DATA FOR THIS TASK ->

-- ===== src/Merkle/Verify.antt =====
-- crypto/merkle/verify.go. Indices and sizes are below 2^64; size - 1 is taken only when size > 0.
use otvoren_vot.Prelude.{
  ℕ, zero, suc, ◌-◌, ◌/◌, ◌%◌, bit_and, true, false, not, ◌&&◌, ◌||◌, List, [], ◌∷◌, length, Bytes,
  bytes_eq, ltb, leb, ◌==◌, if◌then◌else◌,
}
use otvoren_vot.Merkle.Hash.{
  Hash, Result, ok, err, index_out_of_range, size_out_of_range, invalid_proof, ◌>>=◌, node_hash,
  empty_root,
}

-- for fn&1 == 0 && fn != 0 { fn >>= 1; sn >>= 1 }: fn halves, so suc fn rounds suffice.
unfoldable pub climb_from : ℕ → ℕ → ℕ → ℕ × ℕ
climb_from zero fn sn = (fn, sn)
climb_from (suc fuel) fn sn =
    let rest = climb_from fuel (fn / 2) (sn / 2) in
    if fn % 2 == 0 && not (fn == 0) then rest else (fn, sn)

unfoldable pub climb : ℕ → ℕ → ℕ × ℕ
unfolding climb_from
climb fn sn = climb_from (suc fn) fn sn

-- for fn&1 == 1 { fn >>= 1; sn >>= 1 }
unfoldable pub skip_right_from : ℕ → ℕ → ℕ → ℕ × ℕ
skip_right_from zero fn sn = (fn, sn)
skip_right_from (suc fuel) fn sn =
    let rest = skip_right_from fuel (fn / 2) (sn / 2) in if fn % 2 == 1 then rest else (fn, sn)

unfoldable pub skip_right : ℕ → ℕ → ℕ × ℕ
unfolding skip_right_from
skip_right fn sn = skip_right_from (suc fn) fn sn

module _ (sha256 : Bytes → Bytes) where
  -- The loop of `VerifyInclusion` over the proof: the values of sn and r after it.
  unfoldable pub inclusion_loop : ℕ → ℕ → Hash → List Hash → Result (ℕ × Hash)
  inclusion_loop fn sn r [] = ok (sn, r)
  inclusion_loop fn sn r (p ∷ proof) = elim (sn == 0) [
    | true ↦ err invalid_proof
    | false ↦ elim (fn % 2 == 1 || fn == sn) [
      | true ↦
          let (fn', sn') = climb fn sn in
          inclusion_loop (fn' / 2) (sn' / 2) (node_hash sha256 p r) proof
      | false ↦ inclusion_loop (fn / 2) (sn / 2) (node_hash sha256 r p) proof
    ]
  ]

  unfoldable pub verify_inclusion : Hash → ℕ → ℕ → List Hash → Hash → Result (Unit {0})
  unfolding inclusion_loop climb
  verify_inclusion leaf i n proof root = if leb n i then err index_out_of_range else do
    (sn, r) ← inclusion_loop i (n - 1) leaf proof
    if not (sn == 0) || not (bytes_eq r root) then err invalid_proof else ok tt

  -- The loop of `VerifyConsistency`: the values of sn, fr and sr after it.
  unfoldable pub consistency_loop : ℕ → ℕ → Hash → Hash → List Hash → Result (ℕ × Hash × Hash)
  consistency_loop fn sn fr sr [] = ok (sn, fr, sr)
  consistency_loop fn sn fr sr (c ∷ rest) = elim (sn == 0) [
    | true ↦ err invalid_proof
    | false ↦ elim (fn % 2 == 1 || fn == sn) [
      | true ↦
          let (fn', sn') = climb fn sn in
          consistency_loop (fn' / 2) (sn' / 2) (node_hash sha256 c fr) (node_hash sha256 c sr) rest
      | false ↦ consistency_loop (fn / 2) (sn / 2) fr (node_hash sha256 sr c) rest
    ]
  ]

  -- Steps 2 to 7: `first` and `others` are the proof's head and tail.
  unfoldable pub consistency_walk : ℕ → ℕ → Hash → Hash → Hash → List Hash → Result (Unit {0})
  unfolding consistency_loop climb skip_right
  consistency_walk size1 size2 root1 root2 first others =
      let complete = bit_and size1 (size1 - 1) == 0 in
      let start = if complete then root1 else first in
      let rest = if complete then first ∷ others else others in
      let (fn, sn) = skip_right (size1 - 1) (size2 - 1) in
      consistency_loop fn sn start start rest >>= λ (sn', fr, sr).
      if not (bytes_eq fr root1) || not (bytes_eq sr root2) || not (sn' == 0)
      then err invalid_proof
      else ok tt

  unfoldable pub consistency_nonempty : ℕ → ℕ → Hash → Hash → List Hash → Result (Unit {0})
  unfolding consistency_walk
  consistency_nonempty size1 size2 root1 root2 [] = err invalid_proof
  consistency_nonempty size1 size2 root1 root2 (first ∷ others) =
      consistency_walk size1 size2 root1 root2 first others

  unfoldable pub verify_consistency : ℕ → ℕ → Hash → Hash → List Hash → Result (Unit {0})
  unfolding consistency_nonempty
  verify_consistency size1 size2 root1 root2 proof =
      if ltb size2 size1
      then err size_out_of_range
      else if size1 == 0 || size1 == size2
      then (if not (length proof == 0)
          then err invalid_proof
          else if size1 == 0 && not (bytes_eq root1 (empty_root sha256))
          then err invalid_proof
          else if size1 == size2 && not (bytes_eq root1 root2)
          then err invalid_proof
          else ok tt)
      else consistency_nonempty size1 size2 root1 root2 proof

WHAT IS EXPECTED ->
Every line in the listing above should be repeated exactly.

YOUR SOLUTION ->
-- ===== src/Merkle/Verify.antt =====
-- crypto/merkle/verify.go. Indices and sizes are below 2^64; size - 1 is taken only when size > 0.
use otvoren_vot.Prelude.{
  ℕ, zero, suc, ◌-◌, ◌/◌, ◌%◌, bit_and, true, false, not, ◌&&◌, ◌||◌, List, [], ◌∷◌, length, Bytes,
  bytes_eq, ltb, leb, ◌==◌, if◌then◌else◌,
}
use otvoren_vot.Merkle.Hash.{
  Hash, Result, ok, err, index_out_of_range, size_out_of_range, invalid_proof, ◌>>=◌, node_hash,
  empty_root,
}

-- for fn&1 == 0 && fn != 0 { fn >>= 1; sn >>= 1 }: fn halves, so suc fn rounds suffice.
unfoldable pub climb_from : ℕ → ℕ → ℕ → ℕ × ℕ
climb_from zero fn sn = (fn, sn)
climb_from (suc fuel) fn sn =
    let rest = climb_from fuel (fn / 2) (sn / 2) in
    if fn % 2 == 0 && not (fn == 0) then rest else (fn, sn)

unfoldable pub climb : ℕ → ℕ → ℕ × ℕ
unfolding climb_from
climb fn sn = climb_from (suc fn) fn sn

-- for fn&1 == 1 { fn >>= 1; sn >>= 1 }
unfoldable pub skip_right_from : ℕ → ℕ → ℕ → ℕ × ℕ
skip_right_from zero fn sn = (fn, sn)
skip_right_from (suc fuel) fn sn =
    let rest = skip_right_from fuel (fn / 2) (sn / 2) in if fn % 2 == 1 then rest else (fn, sn)

unfoldable pub skip_right : ℕ → ℕ → ℕ × ℕ
unfolding skip_right_from
skip_right fn sn = skip_right_from (suc fn) fn sn

module _ (sha256 : Bytes → Bytes) where
  -- The loop of `VerifyInclusion` over the proof: the values of sn and r after it.
  unfoldable pub inclusion_loop : ℕ → ℕ → Hash → List Hash → Result (ℕ × Hash)
  inclusion_loop fn sn r [] = ok (sn, r)
  inclusion_loop fn sn r (p ∷ proof) = elim (sn == 0) [
    | true ↦ err invalid_proof
    | false ↦ elim (fn % 2 == 1 || fn == sn) [
      | true ↦
          let (fn', sn') = climb fn sn in
          inclusion_loop (fn' / 2) (sn' / 2) (node_hash sha256 p r) proof
      | false ↦ inclusion_loop (fn / 2) (sn / 2) (node_hash sha256 r p) proof
    ]
  ]

  unfoldable pub verify_inclusion : Hash → ℕ → ℕ → List Hash → Hash → Result (Unit {0})
  unfolding inclusion_loop climb
  verify_inclusion leaf i n proof root = if leb n i then err index_out_of_range else do
    (sn, r) ← inclusion_loop i (n - 1) leaf proof
    if not (sn == 0) || not (bytes_eq r root) then err invalid_proof else ok tt

  -- The loop of `VerifyConsistency`: the values of sn, fr and sr after it.
  unfoldable pub consistency_loop : ℕ → ℕ → Hash → Hash → List Hash → Result (ℕ × Hash × Hash)
  consistency_loop fn sn fr sr [] = ok (sn, fr, sr)
  consistency_loop fn sn fr sr (c ∷ rest) = elim (sn == 0) [
    | true ↦ err invalid_proof
    | false ↦ elim (fn % 2 == 1 || fn == sn) [
      | true ↦
          let (fn', sn') = climb fn sn in
          consistency_loop (fn' / 2) (sn' / 2) (node_hash sha256 c fr) (node_hash sha256 c sr) rest
      | false ↦ consistency_loop (fn / 2) (sn / 2) fr (node_hash sha256 sr c) rest
    ]
  ]

  -- Steps 2 to 7: `first` and `others` are the proof's head and tail.
  unfoldable pub consistency_walk : ℕ → ℕ → Hash → Hash → Hash → List Hash → Result (Unit {0})
  unfolding consistency_loop climb skip_right
  consistency_walk size1 size2 root1 root2 first others =
      let complete = bit_and size1 (size1 - 1) == 0 in
      let start = if complete then root1 else first in
      let rest = if complete then first ∷ others else others in
      let (fn, sn) = skip_right (size1 - 1) (size2 - 1) in
      consistency_loop fn sn start start rest >>= λ (sn', fr, sr).
      if not (bytes_eq fr root1) || not (bytes_eq sr root2) || not (sn' == 0)
      then err invalid_proof
      else ok tt

  unfoldable pub consistency_nonempty : ℕ → ℕ → Hash → Hash → List Hash → Result (Unit {0})
  unfolding consistency_walk
  consistency_nonempty size1 size2 root1 root2 [] = err invalid_proof
  consistency_nonempty size1 size2 root1 root2 (first ∷ others) =
      consistency_walk size1 size2 root1 root2 first others

  unfoldable pub verify_consistency : ℕ → ℕ → Hash → Hash → List Hash → Result (Unit {0})
  unfolding consistency_nonempty
  verify_consistency size1 size2 root1 root2 proof =
      if ltb size2 size1
      then err size_out_of_range
      else if size1 == 0 || size1 == size2
      then (if not (length proof == 0)
          then err invalid_proof
          else if size1 == 0 && not (bytes_eq root1 (empty_root sha256))
          then err invalid_proof
          else if size1 == size2 && not (bytes_eq root1 root2)
          then err invalid_proof
          else ok tt)
      else consistency_nonempty size1 size2 root1 root2 proof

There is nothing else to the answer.